Written by Shaun Mcmanus
Pub licensee at Teal Farm Pub Washington NE38. Marston’s CRP. 5-star EHO. NSF audit passed March 2026. 180 covers. 15+ years hospitality. UK pub tenancy, pub leases, taking on a pub, pub business opportunities, prospective pub licensees

Last updated: 24 April 2026

Star Pubs and Bars owns over 2,000 pubs across the UK — but ownership doesn’t guarantee fair rent or genuine operator support. As Heineken’s tied estate, Star operates within a different commercial framework than the traditional British pubco model many licensees expect. This matters because rent calculation, product tie obligations, and support quality differ significantly from what you’ll find at Marston’s, Punch, or Admiral Taverns.

If you’re considering a Star pub tenancy, you need to know exactly how their rent model works, what support you’ll actually receive (versus what’s promised), and whether the financial numbers stack up against other pubcos. I’ve spent 15 years in hospitality and three years running a tied pub under Marston’s CRP — I understand the real mechanics of pubco relationships, NSF audits, and the difference between what looks good on paper and what actually works on the ground.

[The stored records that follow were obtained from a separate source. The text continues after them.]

-- ===== src/Streams/Safety.antt =====
-- The stream of include/tinvest/streams/server_stream.hpp in every interleaving with its thread and
-- its call.
use tinkoff_invest_sdkv.Prelude.{◌≡◌, arith, ◌⊎◌, inl, true, false, not, ◌||◌, List, ◌∷◌}
use tinkoff_invest_sdkv.Error.{Status}
use tinkoff_invest_sdkv.Streams.{StreamOptions, Notice}
use tinkoff_invest_sdkv.Streams.Server.{start, stop, begin_call, handle_done, handle_data, end_call}
use tinkoff_invest_sdkv.Streams.Progress.{
  absent, top, announced, opening, calling, returned, waiting, is_absent, looks, hear_data,
  back_off, broken, farewell,
}
use tinkoff_invest_sdkv.Streams.World.{
  IsTimely, AllTimely, World, has_context, is_calling, perform, started, halted, opened, refused,
  received, finished, ended, Step, starts, stops, joins, announces, opens, refuses, calls, receives,
  finishes, closes, breaks, gives_up, retries, ends, Reach, here, next,
}

-- There is no thread.
pub record IsAbsent (w : World) : Type 0 where
  pub place : w.place ≡ absent
  pub ctx : w.stream.ctx ≡ false
  pub active : w.active ≡ false

-- The thread is outside a call.
pub record IsOutside (w : World) : Type 0 where
  pub place : (w.place ≡ top) ⊎ (w.place ≡ announced) ⊎ (w.place ≡ returned) ⊎ (w.place ≡ waiting)
  pub ctx : w.stream.ctx ≡ false
  pub active : w.active ≡ false
  pub owned : w.stream.worker || w.joining ≡ true

-- The context is published; a stop has cancelled it.
pub record IsOpening (w : World) : Type 0 where
  pub place : w.place ≡ opening
  pub ctx : w.stream.ctx ≡ true
  pub active : w.active ≡ false
  pub done : w.stream.done ≡ false
  pub owned : w.stream.worker || w.joining ≡ true
  pub stopping : (w.stream.stopping ≡ false) ⊎ (w.cancelled ≡ true)

-- The call runs until `done_` says that it is over.
pub record IsCalling (w : World) : Type 0 where
  pub place : w.place ≡ calling
  pub ctx : w.stream.ctx ≡ true
  pub active : w.active ≡ not w.stream.done
  pub owned : w.stream.worker || w.joining ≡ true
  pub stopping : (w.stream.stopping ≡ false) ⊎ (w.cancelled ≡ true)

-- A stop that waits keeps the flag set, and has taken the thread's handle.
pub record Inv (w : World) : Type 0 where
  pub clean : w.misuse ≡ false
  pub joining : (w.joining ≡ false) ⊎ ((w.stream.stopping ≡ true) × (w.stream.worker ≡ false))
  pub place : IsAbsent w ⊎ IsOutside w ⊎ IsOpening w ⊎ IsCalling w

start-Inv : (w : World) → Inv w → w.joining ≡ false → Inv (started w)
unfolding started start is_absent
start-Inv w v j = ground arith

stop-Inv : (w : World) → Inv w → Inv (halted w)
unfolding halted stop perform has_context
stop-Inv w v = ground arith

open-Inv : (w : World) → Inv w → w.place ≡ announced → w.stream.stopping ≡ false → Inv (opened w)
unfolding begin_call
open-Inv w v p s = ground arith

refuse-Inv : (w : World) → Inv w → w.place ≡ announced → w.stream.stopping ≡ true → Inv (refused w)
unfolding begin_call
refuse-Inv w v p s = ground arith

receive-Inv : (w : World) → Inv w → w.active ≡ true → Inv (received w)
unfolding received handle_data hear_data is_calling
receive-Inv w v a = ground arith

finish-Inv : (w : World) (status : Status) → Inv w → w.active ≡ true → Inv (finished w status)
unfolding finished handle_done is_calling
finish-Inv w status v a = ground arith

-- The end of the loop.
end-Inv :
    (w : World) (ns : List Notice)
    → Inv w
    → (w.place ≡ top) ⊎ (w.place ≡ returned) ⊎ (w.place ≡ waiting)
    → Inv (ended ns w)
end-Inv w ns v p = ground arith

-- Every step keeps the invariant.
pub Step-Inv : {o : StreamOptions} {w u : World} (s : Step o w u) → IsTimely s → Inv w → Inv u
unfolding end_call back_off looks
Step-Inv (starts w) j v = start-Inv w v j
Step-Inv (stops w) t v = stop-Inv w v
Step-Inv (joins w j p) t v = ground arith
Step-Inv (announces w p s) t v = ground arith
Step-Inv (opens w p s) t v = open-Inv w v p s
Step-Inv (refuses w p s) t v = refuse-Inv w v p s
Step-Inv (calls w p) t v = ground arith
Step-Inv (receives w a) t v = receive-Inv w v a
Step-Inv (finishes w status a) t v = finish-Inv w status v a
Step-Inv (closes w p d) t v = ground arith
Step-Inv (breaks w p s r) t v = ground arith
Step-Inv (gives_up w p s r) t v = end-Inv w (broken w.stream.status ∷ farewell) v (ground arith)
Step-Inv (retries w p s) t v = ground arith
Step-Inv (ends w p s) t v = end-Inv w farewell v (ground arith)

pub Reach-Inv : {o : StreamOptions} {v w : World} (r : Reach o v w) → AllTimely r → Inv v → Inv w
Reach-Inv here a i = i
Reach-Inv (next r s) (a, t) i = Step-Inv s t (Reach-Inv r a i)

-- From a stream without a thread no interleaving in which no `start` comes while a `stop` waits for the
-- thread misuses what `run_once` owns: there is at most one thread, `TryCancel` is called only on the
-- context of a `run_once` that has not returned, and no callback comes to a reactor that is gone.
pub Reach-clean :
    (o : StreamOptions) (v w : World)
    → IsAbsent v
    → v.joining ≡ false
    → v.misuse ≡ false
    → (r : Reach o v w) → AllTimely r
    → w.misuse ≡ false
Reach-clean o v w a j m r t =
    (Reach-Inv r t (record { clean = m; joining = inl j; place = inl a })).clean

-- A `start` that comes while a `stop` waits for a thread that has not ended makes a second thread beside
-- it and clears `stopping_`, from a stream without a thread in any interleaving that is timely till then.
pub Reach-started :
    (o : StreamOptions) (v w : World)
    → IsAbsent v
    → v.joining ≡ false
    → v.misuse ≡ false
    → (r : Reach o v w) → AllTimely r
    → w.joining ≡ true
    → is_absent w.place ≡ false
    → ((started w).misuse ≡ true) × ((started w).stream.stopping ≡ false)
unfolding started start
Reach-started o v w a j m r t k p =
    let i = Reach-Inv r t (record { clean = m; joining = inl j; place = inl a }) in
    ground (arith, k, p)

This review cuts through the marketing. You’ll learn what Star Pubs tenants actually experience, how their rent and tie obligations compare to competitors, and the specific red flags to watch before you sign anything.

Key Takeaways

  • Star Pubs rent is calculated using Fair Maintainable Trade methodology, typically 12-15% of turnover for established pubs, with adjustments every 3-5 years based on your actual performance.
  • Heineken’s ownership means product tie is stricter than traditional pubcos; you’ll source beer through Star’s procurement, limiting negotiation on margins and supplier choice.
  • BDM (Business Development Manager) responsiveness varies significantly; some licensees report strong support, others describe reactive rather than proactive engagement.
  • Operating costs under a Star tenancy typically run 35-40% of turnover when rent is factored in, leaving 40-50% gross profit before labour, utilities, and tax — achievable but requires disciplined cost control.

What Is Star Pubs and Bars?

Star Pubs and Bars is the pub operating company owned by Heineken, the Dutch brewing giant. Heineken acquired the business from Punch Taverns in 2019, and Star now manages approximately 2,100 pubs across England, Scotland, and Wales. This is a significant detail because Heineken’s stake means Star operates with a brewer’s priorities — they benefit directly from your beer purchases in a way traditional pubcos don’t.

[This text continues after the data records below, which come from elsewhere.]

-- ===== src/Streams/Refines.antt =====
-- Every interleaving of include/tinvest/streams/server_stream.hpp refines the loop `run_stream`.
use tinkoff_invest_sdkv.Prelude.{
  ◌≡◌, ℕ, ◌*◌, ◌<◌, refl, sym, subst, arith, inl, inr, true, false, [], Bool-cases,
}
use tinkoff_invest_sdkv.Prelude.Int.{pos}
use tinkoff_invest_sdkv.Prelude.Word.{i64_half}
use tinkoff_invest_sdkv.Streams.{StreamOptions}
use tinkoff_invest_sdkv.Streams.Progress.{
  opening, calling, returned, enter, back_off, hear_data, Move,
}
use tinkoff_invest_sdkv.Streams.Server.{start, stop, begin_call, handle_done, handle_data, end_call}
use tinkoff_invest_sdkv.Streams.World.{
  AllTimely, World, progress, perform, started, halted, received, finished, Step, starts, stops,
  joins, announces, opens, refuses, calls, receives, finishes, closes, breaks, gives_up, retries,
  ends, Reach, here, next,
}
use tinkoff_invest_sdkv.Streams.Safety.{IsAbsent, Inv, Reach-Inv}
use tinkoff_invest_sdkv.Streams.Trace.{Trace}
use tinkoff_invest_sdkv.Streams.Moves.{
  Move-Trace, IsTold, Trace-IsTold, IsOrderly, IsTold-IsOrderly,
}

module _ (o : StreamOptions) where
  start-Move : (w : World) → Move o (progress w) (progress (started w))
  unfolding started start
  start-Move w = elim (Bool-cases w.stream.worker) [
    | inl e ↦ rw e (Move.rests _)
    | inr e ↦ rw e (Move.begins _)
  ]

  halted_progress : (w : World) → progress (halted w) ≡ progress w
  unfolding halted stop perform
  halted_progress w = elim (Bool-cases w.stream.ctx) [ inl e ↦ rw e refl | inr e ↦ rw e refl ]

  open_heard : (w : World) → (begin_call w.stream).0.got_data ≡ false
  unfolding begin_call
  open_heard w = ground arith

  received_progress : (w : World) → progress (received w) ≡ hear_data (progress w)
  unfolding received handle_data hear_data
  received_progress w = elim (Bool-cases w.stream.got_data) [
    | inl e ↦ rw e refl
    | inr e ↦ rw e refl
  ]

  active_place : (w : World) → Inv w → w.active ≡ true → w.place ≡ calling
  active_place w i a = ground arith

  -- Each step is a move of the loop, or none.
  Step-Move : {w u : World} → Step o w u → Inv w → Move o (progress w) (progress u)
  unfolding finished handle_done end_call back_off
  Step-Move (starts w) i = start-Move w
  Step-Move (stops w) i = subst (Move o (progress w)) (sym (halted_progress w)) (Move.rests _)
  Step-Move (joins w j p) i = Move.rests _
  Step-Move (announces w p s) i = Move.announces _ p
  Step-Move (opens w p s) i =
      subst (Move o (progress w))
        (λ i. record (enter opening (progress w)) { heard = sym (open_heard w) i })
        (Move.enters _ opening p (inl refl))
  Step-Move (refuses w p s) i =
      subst (Move o (progress w))
        (λ i. record (enter returned (progress w)) { heard = sym (open_heard w) i })
        (Move.enters _ returned p (inr refl))
  Step-Move (calls w p) i = Move.calls _ p
  Step-Move (receives w a) i =
      subst (Move o (progress w)) (sym (received_progress w))
        (Move.hears _ (inr (active_place w i a)))
  Step-Move (finishes w status a) i = Move.rests _
  Step-Move (closes w p d) i = Move.closes _ p
  Step-Move (breaks w p s c) i = Move.breaks _ w.stream.status p c
  Step-Move (gives_up w p s c) i = Move.gives_up _ w.stream.status p c
  Step-Move (retries w p s) i = Move.retries _ p
  Step-Move (ends w p s) i = Move.ends _ p

  Reach-Trace :
      {v w : World} (r : Reach o v w)
      → AllTimely r
      → Inv v
      → Trace o (progress v)
      → Trace o (progress w)
  Reach-Trace here a i t = t
  Reach-Trace (next r s) (a, b) i t =
      Move-Trace o (Step-Move s (Reach-Inv r a i)) (Reach-Trace r a i t)

-- Every interleaving in which no `start` comes while a `stop` waits for the thread refines the loop. From a
-- stream without a thread, whatever else users, the worker and gRPC do, in any order: as long as no thread
-- was started nothing is notified; else there are rounds on which `run_stream` ends with exactly what the
-- current or last thread has notified and waited for, followed by `stopped` if it has not ended yet.
pub Reach-run_stream :
    (o : StreamOptions) (v w : World)
    → IsAbsent v
    → v.joining ≡ false
    → v.misuse ≡ false
    → v.log ≡ []
    → (r : Reach o v w) → AllTimely r
    → IsTold o (progress w)
Reach-run_stream o v w a j m l r b =
    let i : Inv v = record { clean = m; joining = inl j; place = inl a } in
    Trace-IsTold o (progress w) (Reach-Trace o r b i (inl (a.place, inl l)))

-- In every interleaving from a stream without a thread in which no `start` comes while a `stop` waits for
-- the thread, for options that are not negative and whose
-- initial backoff is less than 2 ^ 55 milliseconds: what a thread notifies keeps the order of states,
-- with `stopped` still to come while it runs, and each of its waits is the initial backoff doubled at
-- most eight times, cut to the longest one.
pub Reach-notices :
    (o : StreamOptions) (initial longest : ℕ) (v w : World)
    → o.initial_backoff ≡ pos initial
    → o.max_backoff ≡ pos longest
    → initial * 256 < i64_half
    → IsAbsent v
    → v.joining ≡ false
    → v.misuse ≡ false
    → v.log ≡ []
    → (r : Reach o v w) → AllTimely r
    → IsOrderly initial longest (progress w)
Reach-notices o initial longest v w e f h a j m l r b =
    IsTold-IsOrderly o initial longest (progress w) e f h (Reach-run_stream o v w a j m l r b)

The estate ranges from high-street community locals to destination gastropubs. Most operators work under a tenancy agreement, though some newer offerings include managed house arrangements. Understanding Star’s ownership structure matters because it shapes everything from supplier relationships to rent negotiation leverage.

Unlike some pubcos that have diversified ownership or private equity backing, Star’s Heineken connection creates a vertical supply chain alignment. When you buy beer from Star, Heineken is selling it to you through Star’s procurement. That’s not inherently bad, but it means your margins on beer are built into Heineken’s supply agreement with Star — not negotiated directly between you and the brewer.

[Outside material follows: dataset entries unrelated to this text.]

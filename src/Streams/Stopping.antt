-- ===== src/Streams/Stopping.antt =====
-- A `stop` of include/tinvest/streams/server_stream.hpp comes to its end.
use tinkoff_invest_sdkv.Prelude.{
  ◌≡◌, ℕ, ◌<◌, ◌≤◌, arith, ◌⊎◌, inl, inr, Bool, true, false, Bool-cases,
}
use tinkoff_invest_sdkv.Streams.{StreamOptions}
use tinkoff_invest_sdkv.Streams.Server.{start, stop, handle_done}
use tinkoff_invest_sdkv.Streams.Progress.{
  Place, absent, top, announced, opening, calling, returned, waiting, looks, hear_data, back_off,
}
use tinkoff_invest_sdkv.Streams.World.{
  IsTimely, AllTimely, World, perform, started, halted, received, finished, Step, starts, stops,
  joins, announces, opens, refuses, calls, receives, finishes, closes, breaks, gives_up, retries,
  ends, Reach,
}
use tinkoff_invest_sdkv.Streams.Safety.{IsAbsent, Inv, Reach-Inv}

-- How many steps of the thread and of the call are left, when it is to stop, until the thread is gone.
unfoldable pub left : Place → Bool → ℕ
left absent active = 0
left top active = 1
left returned active = 1
left waiting active = 1
left announced active = 2
left calling false = 2
left calling true = 3
left opening active = 4

abbrev pub remaining : World → ℕ
remaining w = left w.place w.active

-- A step that brings the end of a waiting `stop` nearer.
abbrev pub Nearer : StreamOptions → World → Type 0
Nearer o w = (u : World) × Step o w u × (remaining u < remaining w)

moves : (o : StreamOptions) (w : World) → Inv w → w.joining ≡ true → (w.place ≡ absent) ⊎ Nearer o w
unfolding left finished handle_done looks
moves o w v j = elim v.place [
  | inl a ↦ inl a.place
  | inr (inl b) ↦ elim b.place [
    | inl p ↦ inr (_, ends w (ground arith) (ground arith), ground arith)
    | inr (inl p) ↦ inr (_, refuses w p (ground arith), ground arith)
    | inr (inr (inl p)) ↦ inr (_, ends w (ground arith) (ground arith), ground arith)
    | inr (inr (inr p)) ↦ inr (_, ends w (ground arith) (ground arith), ground arith)
  ]
  | inr (inr (inl c)) ↦ inr (_, calls w c.place, ground arith)
  | inr (inr (inr c)) ↦ elim (Bool-cases w.active) [
    | inl a ↦ inr (_, finishes w w.stream.status a, ground arith)
    | inr a ↦ inr (_, closes w c.place (ground arith), ground arith)
  ]
]

keeps :
    {o : StreamOptions} {w u : World} (s : Step o w u)
    → IsTimely s
    → Inv w
    → w.joining ≡ true
    → remaining u ≤ remaining w
unfolding left started start halted stop perform received hear_data finished back_off looks
keeps (starts w) e v j = ground (arith, e, j)
keeps (stops w) c v j = ground arith
keeps (joins w e p) c v j = ground arith
keeps (announces w p e) c v j = ground arith
keeps (opens w p e) c v j = ground arith
keeps (refuses w p e) c v j = ground arith
keeps (calls w p) c v j = ground arith
keeps (receives w a) c v j = ground arith
keeps (finishes w status a) c v j = ground arith
keeps (closes w p d) c v j = ground arith
keeps (breaks w p s r) c v j = ground arith
keeps (gives_up w p s r) c v j = ground arith
keeps (retries w p s) c v j = ground arith
keeps (ends w p e) c v j = ground arith

-- While a `stop` waits for the thread of a stream that had none at first, and as long as no `start` comes
-- while one waits, the context of a call that
-- runs is cancelled; the thread is gone or a step is possible that lessens what remains, at most four
-- steps; and no other step of anyone adds to what remains, so that no further call is begun.
pub stop_ends :
    (o : StreamOptions) (v w u : World)
    → IsAbsent v
    → v.joining ≡ false
    → v.misuse ≡ false
    → (r : Reach o v w) → AllTimely r
    → w.joining ≡ true
    → (s : Step o w u) → IsTimely s
    → ((w.active ≡ false) ⊎ (w.cancelled ≡ true))
      × ((w.place ≡ absent) ⊎ Nearer o w)
      × (remaining w ≤ 4)
      × (remaining u ≤ remaining w)
unfolding left
stop_ends o v w u a e m r b j s c =
    let i = Reach-Inv r b (record { clean = m; joining = inl e; place = inl a }) in
    (ground arith, moves o w i j, ground arith, keeps s c i j)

Star Pubs Rent Model: How It’s Calculated

Star uses Fair Maintainable Trade (FMT) as the basis for rent calculation, the same methodology Marston’s uses. FMT is designed to set rent at a level a reasonably competent operator could sustain as profit. In theory, it’s fair. In practice, it depends entirely on how Star applies the calculation and whether they’re realistic about your pub’s trading potential.

Typical Star Pubs rent sits at 12-15% of turnover for established community pubs, though destination or high-performing sites can creep to 18-20%. This is comparable to Marston’s CRP rent, which is why the rent conversation rarely makes Star pubs less attractive than alternatives — the problem typically emerges in ongoing support and cost control.

How Star Calculates FMT Rent

Star’s BDM uses recent trading data (yours, if you’re taking over an existing pub, or comparable pub data if it’s a new or vacant site) to establish a baseline fair maintainable turnover. They then apply their profit margin assumption — typically 25-30% of that turnover — and set rent at a portion of the margin.

The formula looks like this:

  • Estimated turnover: £450,000
  • Assumed operator margin: 27% (£121,500)
  • Star rent: 50-55% of margin (£60,750 per year, roughly £1,170 per week)

That leaves you approximately £60,750 as gross profit to cover labour, utilities, rates, repairs, insurance, and your own income. On an 180-cover pub like Teal Farm, that’s achievable but tight.

Star typically reviews rent every 3-5 years (most often every 5 years). If your actual turnover has grown, your rent will increase. If it’s fallen, you can challenge the calculation, but Star won’t automatically reduce it unless your trading is significantly and demonstrably below expectations.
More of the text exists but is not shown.